(Dataset items)
'''

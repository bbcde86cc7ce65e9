-- ===== src/ByteArray/Clear/Deletes.antt =====
-- src/bytearray.cpp: which nodes clear deletes, and when it uses one after that.
use tigerkin.Prelude.{
  ℕ, zero, suc, ◌≤◌, ◌<◌, ◌≡◌, refl, sym, ap, ◌∙◌, ◌⊎◌, inl, inr, Option, none, some, arith, ◌==◌,
  ==_refl, if◌then◌else◌, length,
}
use tigerkin.ByteArray.{ByteArray, returns, faults, done, null_deref, create, set_endian}
use tigerkin.ByteArray.Clear.{
  NodeHeap, chain_at, node_heap, delete_node, clear_loop, clear_nodes, clear,
}
use tigerkin.ByteArray.Invariant.{IsValid}

clear_loop_gone :
    (fuel q : ℕ) (h : NodeHeap) → h q ≡ none → clear_loop (suc fuel) (some q) h ≡ null_deref
unfolding clear_loop
clear_loop_gone fuel q h gone = rw (gone, clear_loop) refl

-- A node with a next one: the loop deletes that one in its first round and reads it in the second.
clear_loop_more :
    (fuel p q : ℕ) (after_q : Option ℕ) (h : NodeHeap)
    → h p ≡ some (some q)
    → h q ≡ some after_q
    → clear_loop (suc (suc fuel)) (some p) h ≡ null_deref
unfolding clear_loop delete_node
clear_loop_more fuel p q after_q h here there =
    let left : NodeHeap = λ k. if k == q then none else h k in
    let gone : left q ≡ none = rw (==_refl q) refl in
    rw (here, clear_loop) (rw (there, delete_node) (clear_loop_gone fuel q left gone))

clear_nodes_none : (b : ByteArray) → length b.nodes ≡ 0 → clear_nodes b ≡ done (node_heap 0)
unfolding clear_nodes clear_loop
clear_nodes_none b e = rw e refl

-- The only node is left: its loop deletes a null pointer.
clear_nodes_one : (b : ByteArray) → length b.nodes ≡ 1 → clear_nodes b ≡ done (node_heap 1)
unfolding clear_nodes clear_loop node_heap delete_node
clear_nodes_one b e = rw e refl

clear_nodes_more :
    (more : ℕ) (b : ByteArray) → length b.nodes ≡ suc (suc more) → clear_nodes b ≡ null_deref
unfolding clear_nodes node_heap
clear_nodes_more more b e =
    let count = suc (suc more) in
    let root : chain_at count 0 ≡ some 0 = ground arith in
    let first : node_heap count 0 ≡ some (some 1) = ground arith in
    let second : node_heap count 1 ≡ some (chain_at count 2) = ground arith in
    ap (λ n. clear_loop n (chain_at n 0) (node_heap n)) e
    ∙ (ap (λ r. clear_loop count r (node_heap count)) root
        ∙ clear_loop_more more 0 1 (chain_at count 2) (node_heap count) first second)

-- In a valid array of at most one block clear gives a new array of the same block size and byte
-- order, and its loop has deleted no node. With more blocks it uses a node after its deletion.
pub clear_lem :
    (b : ByteArray)
    → IsValid b
    → ((b.capacity ≤ b.base_size)
        × (clear b ≡ returns tt (set_endian b.endian (create b.base_size b.fresh)))
        × (clear_nodes b ≡ done (node_heap (length b.nodes))))
      ⊎ ((b.base_size < b.capacity) × (clear b ≡ faults))
unfolding clear create set_endian
clear_lem b v = go (length b.nodes) refl
  where
    go :
        (count : ℕ)
        → length b.nodes ≡ count
        → ((b.capacity ≤ b.base_size)
            × (clear b ≡ returns tt (set_endian b.endian (create b.base_size b.fresh)))
            × (clear_nodes b ≡ done (node_heap (length b.nodes))))
          ⊎ ((b.base_size < b.capacity) × (clear b ≡ faults))
    go zero e =
        let left = clear_nodes_none b e in
        inl (grind (arith, v.filled, e), rw left refl, left ∙ ap (λ n. done (node_heap n)) (sym e))
    go (suc zero) e =
        let left = clear_nodes_one b e in
        inl (grind (arith, v.filled, e), rw left refl, left ∙ ap (λ n. done (node_heap n)) (sym e))
    go (suc (suc more)) e =
        inr (grind (arith, v.filled, v.base_pos, e), rw (clear_nodes_more more b e) refl)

'''

◆ **What to produce**: Copy only this part of the entries above: the line with "let gone : left", the line with "clear_nodes_one : (b", and the lines between, all exactly as written.

◆ **Response area**:
    let gone : left q ≡ none = rw (==_refl q) refl in
    rw (here, clear_loop) (rw (there, delete_node) (clear_loop_gone fuel q left gone))

clear_nodes_none : (b : ByteArray) → length b.nodes ≡ 0 → clear_nodes b ≡ done (node_heap 0)
unfolding clear_nodes clear_loop
clear_nodes_none b e = rw e refl

-- The only node is left: its loop deletes a null pointer.
clear_nodes_one : (b : ByteArray) → length b.nodes ≡ 1 → clear_nodes b ≡ done (node_heap 1)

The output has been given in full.